Entdecken Sie die musikalische Welt von Luis Parra Madariaga.

LUIS PARRA MADARIAGA
ist ein chilenisch-österreichischer Musiker, Liedermacher und
autodidaktischer Schriftsteller, dessen künstlerischer Weg zwischen Erinnerung, Exil und lateinamerikanischer Identität verläuft. Geboren in San Felipe, Chile, entdeckte er die Musik in schwierigen Zeiten als Zuflucht, Sprache und Widerstand zugleich.
Seine Reisen führten ihn von Chile über Uruguay und Spanien bis nach Wien, wo er seit vielen Jahren lebt und arbeitet. Mit der Gruppe Pachamanka schuf er einen musikalischen Raum zwischen den Anden und Europa – geprägt von Poesie, Volksmusik und den Geschichten der Menschen.
Neben seiner Musik schreibt Luis Parra literarische Erzählungen und poetische Texte über das Leben, die Erinnerung, das Unterwegssein und die Würde der einfachen Menschen. Seine Kunst verbindet Musik und Literatur zu einer persönlichen Chronik voller Melancholie, Hoffnung und kultureller Wurzeln.
GRUPPE PACHAMANKA

Die Gruppe Pachamanka entstand Ende der 1970er Jahre in Chile aus einem kulturellen Umfeld, in dem Musik, Poesie und gesellschaftliches Engagement eng miteinander verbunden waren. Von Beginn an verstand sich Pachamanka nicht nur als Musikgruppe, sondern als kulturelles Projekt, das die Vielfalt Lateinamerikas musikalisch und menschlich zum Ausdruck bringt.
Geprägt von den musikalischen Traditionen Chiles und Lateinamerikas verbindet die Gruppe folkloristische Wurzeln mit zeitgenössischer Weltmusik. Neben andinen Instrumenten wie Quena, Zampoña und Charango prägen Gitarren, Percussion sowie klassische Instrumente den charakteristischen Klang von Pachamanka. Die Musik bewegt sich zwischen Folklore, Canto Nuevo, poetischem Lied und moderner lateinamerikanischer Fusion.
Unter der Leitung von Luis Parra Madariaga entwickelte sich Pachamanka zu einer wichtigen Stimme der chilenischen Exilkultur. Aufgrund der politischen Situation in Chile setzte die Gruppe ihre künstlerische Arbeit ab 1981 im Exil fort – zunächst in Uruguay, später in Brasilien, Spanien und schließlich in Österreich. In dieser Zeit entstanden zahlreiche Konzerte und kulturelle Projekte, die Musik als Ausdruck von Erinnerung, Identität und kulturellem Dialog verstanden.

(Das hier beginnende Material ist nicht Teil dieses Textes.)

-- ===== src/IniReader/RoundTrip.antt =====
-- `INIReader` of src/cIniReader.cpp reads back what is written as text.
use pquery.Prelude.{
  List, [], ◌∷◌, ◌++◌, ◌≡◌, refl, sym, ap, ◌∙◌, inl, inr, Option, none, some, Bytes, All,
  append_assoc, append-nil, pos, equal, if◌then◌else◌, Bool-cases, ◌&&◌,
}
use pquery.IniReader.Reader.{
  Reading, Entries, Configuration, assign_value, read_assignment, read_line, read_lines, initial,
  ini_reader, get, or_default,
}
use pquery.IniReader.Meaning.{header, assignment, section_line, apply, counted, read_line-Means}
use pquery.IniReader.Printer.{
  entry_line, section_header, entry_lines, config_lines, print_config, IsEntry, IsPrintable,
  write_entries, write_config, names,
}
use pquery.IniReader.Lookup.{find, get-find, find-assign_value}
use pquery.IniReader.PrintedLines.{
  section_header-SectionLine, entry_line-Means, get_lines-unlines, config_lines-InLine,
}

read_lines-append :
    (lines others : List Bytes) (r : Reading)
    → read_lines (lines ++ others) r ≡ read_lines others (read_lines lines r)
unfolding read_lines
read_lines-append [] others r = refl
read_lines-append (line ∷ lines) others r = read_lines-append lines others (read_line line r)

-- The lines have no error, and leave these sections and this map.
record Reads (r after : Reading) (sections : List Bytes) (map : Configuration) : Type 0 where
  pub same_error : after.reader.error ≡ r.reader.error
  pub has_sections : after.reader.sections ≡ sections
  pub has_map : after.reader.map ≡ map

-- The lines below a header.
entries-Reads :
    (entries : Entries) (r : Reading)
    → All IsEntry entries
    → Reads r
        (read_lines (entry_lines entries) r)
        r.reader.sections
        (write_entries r.current_section entries r.reader.map)
unfolding read_lines read_assignment
entries-Reads [] r h = record { same_error = refl; has_sections = refl; has_map = refl }
entries-Reads ((key, value) ∷ entries) r h =
    let next = apply (assignment key value) (counted r) in
    let e : read_line (entry_line key value) r ≡ next =
      read_line-Means (entry_line key value) r (entry_line-Means key value h.0) in
    let rest = entries-Reads entries next h.1 in
    let after = ap (read_lines (entry_lines entries)) e in
    record {
      same_error = ap (λ q. q.reader.error) after ∙ rest.same_error;
      has_sections = ap (λ q. q.reader.sections) after ∙ rest.has_sections;
      has_map = ap (λ q. q.reader.map) after ∙ rest.has_map;
    }

config-Reads :
    (config : Configuration) (r : Reading)
    → IsPrintable config
    → Reads r
        (read_lines (config_lines config) r)
        (r.reader.sections ++ names config)
        (write_config config r.reader.map)
unfolding read_lines
config-Reads [] r h = record {
  same_error = refl;
  has_sections = sym (append-nil r.reader.sections);
  has_map = refl;
}
config-Reads ((name, entries) ∷ config) r h =
    let begun = apply (header name) (counted r) in
    let e : read_line (section_header name) r ≡ begun =
      read_line-Means (section_header name) r
        (section_line (section_header-SectionLine name h.0)) in
    let first = entries-Reads entries begun h.1 in
    let behind = read_lines (entry_lines entries) begun in
    let rest = config-Reads config behind h.2 in
    let after : read_lines (config_lines ((name, entries) ∷ config)) r
        ≡ read_lines (config_lines config) behind =
      ap (read_lines (entry_lines entries ++ config_lines config)) e
      ∙ read_lines-append (entry_lines entries) (config_lines config) begun in
    record {
      same_error = ap (λ q. q.reader.error) after ∙ rest.same_error ∙ first.same_error;
      has_sections =
          ap (λ q. q.reader.sections) after
          ∙ rest.has_sections
          ∙ ap (λ l. l ++ names config) first.has_sections
          ∙ append_assoc r.reader.sections (name ∷ []) (names config);
      has_map =
          ap (λ q. q.reader.map) after ∙ rest.has_map ∙ ap (write_config config) first.has_map;
    }

-- What `get` finds is what was written last.
abbrev pub last_entry : Bytes → Entries → Option Bytes → Option Bytes
last_entry key [] found = found
last_entry key ((k, value) ∷ entries) found =
    last_entry key entries (if equal k key then some value else found)

abbrev pub last_value : Bytes → Bytes → Configuration → Option Bytes → Option Bytes
last_value section key [] found = found
last_value section key ((name, entries) ∷ config) found =
    last_value section key config
      (if equal name section then last_entry key entries found else found)

find-write_entries :
    (section key name : Bytes) (entries : Entries) (map : Configuration)
    → find section key (write_entries name entries map) ≡ (
        if equal name section
        then last_entry key entries (find section key map)
        else find section key map)
find-write_entries section key name [] map = elim (Bool-cases (equal name section)) [
  | inl e ↦ rw e refl
  | inr e ↦ rw e refl
]
find-write_entries section key name ((k, value) ∷ entries) map =
    let rest = find-write_entries section key name entries (assign_value name k value map) in
    let one = find-assign_value name k value section key map in
    elim (Bool-cases (equal name section)) [
      | inl e ↦
          rest
          ∙ rw e (
              ap (last_entry key entries)
                (one ∙ ap (λ b. if b && equal k key then some value else find section key map) e))
      | inr e ↦
          rest
          ∙ rw e (one ∙ ap (λ b. if b && equal k key then some value else find section key map) e)
    ]

find-write_config :
    (section key : Bytes) (config map : Configuration)
    → find section key (write_config config map)
      ≡ last_value section key config (find section key map)
find-write_config section key [] map = refl
find-write_config section key ((name, entries) ∷ config) map =
    find-write_config section key config (write_entries name entries map)
    ∙ ap (last_value section key config) (find-write_entries section key name entries map)

-- A configuration that is written as text, each section with its entries below it, is read back:
-- the constructor reports no error, the sections have their names in their order, and Get finds for
-- every key of every section what was written last for it, or the default where that is nothing or
-- empty. Names have no bracket, keys begin with no character that opens a comment or a section,
-- values are words with one white space between two of them, and none has a newline.
pub ini_reader-print_config :
    (config : Configuration)
    → IsPrintable config
    → let r = ini_reader (some (print_config config)) in
      (r.error ≡ pos 0)
      × (r.sections ≡ names config)
      × ((section key default_value : Bytes)
          → get r section key default_value
            ≡ or_default default_value (last_value section key config none))
unfolding ini_reader print_config
ini_reader-print_config config h =
    let lines = get_lines-unlines (config_lines config) (config_lines-InLine config h) in
    let done = config-Reads config initial h in
    let after = ap (λ l. read_lines l initial) lines in
    (
      ap (λ q. q.reader.error) after ∙ done.same_error,
      ap (λ q. q.reader.sections) after ∙ done.has_sections,
      λ section key default_value.
          ap (λ q. get q.reader section key default_value) after
          ∙ get-find (read_lines (config_lines config) initial) section key default_value
          ∙ ap (λ m. or_default default_value (find section key m)) done.has_map
          ∙ ap (or_default default_value) (find-write_config section key config []),
    )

Seit den 1990er Jahren ist Wien der künstlerische Mittelpunkt der Gruppe. Von hier aus konzertierte Pachamanka in zahlreichen europäischen Ländern und etablierte sich als feste Größe der lateinamerikanischen Musikszene im deutschsprachigen Raum.
Im Laufe der Jahre trat Pachamanka auf renommierten Bühnen und in bedeutenden Konzertsälen Österreichs auf, darunter das Wiener Konzerthaus, der Musikverein Wien, das Haus der Musik, die Musikverein Graz sowie zahlreiche internationale Festivals und Kulturveranstaltungen in Europa. Die Gruppe verbindet musikalische Qualität mit kultureller Tiefe und versteht Musik als Brücke zwischen Menschen und Kulturen.
Neben der Konzerttätigkeit engagiert sich Pachamanka seit Jahrzehnten intensiv im kulturellen und pädagogischen Bereich. Besonders hervorzuheben sind Kinder- und Schulprojekte, literarisch-musikalische Programme sowie interkulturelle Veranstaltungen, die Brücken zwischen Lateinamerika und Europa schlagen.
Mit ihrer Musik erzählt Pachamanka Geschichten von Migration, Erinnerung, Hoffnung und kultureller Vielfalt. Die Gruppe steht für eine künstlerische Reise zwischen den Welten – verwurzelt in Lateinamerika und zugleich offen für neue musikalische Begegnungen.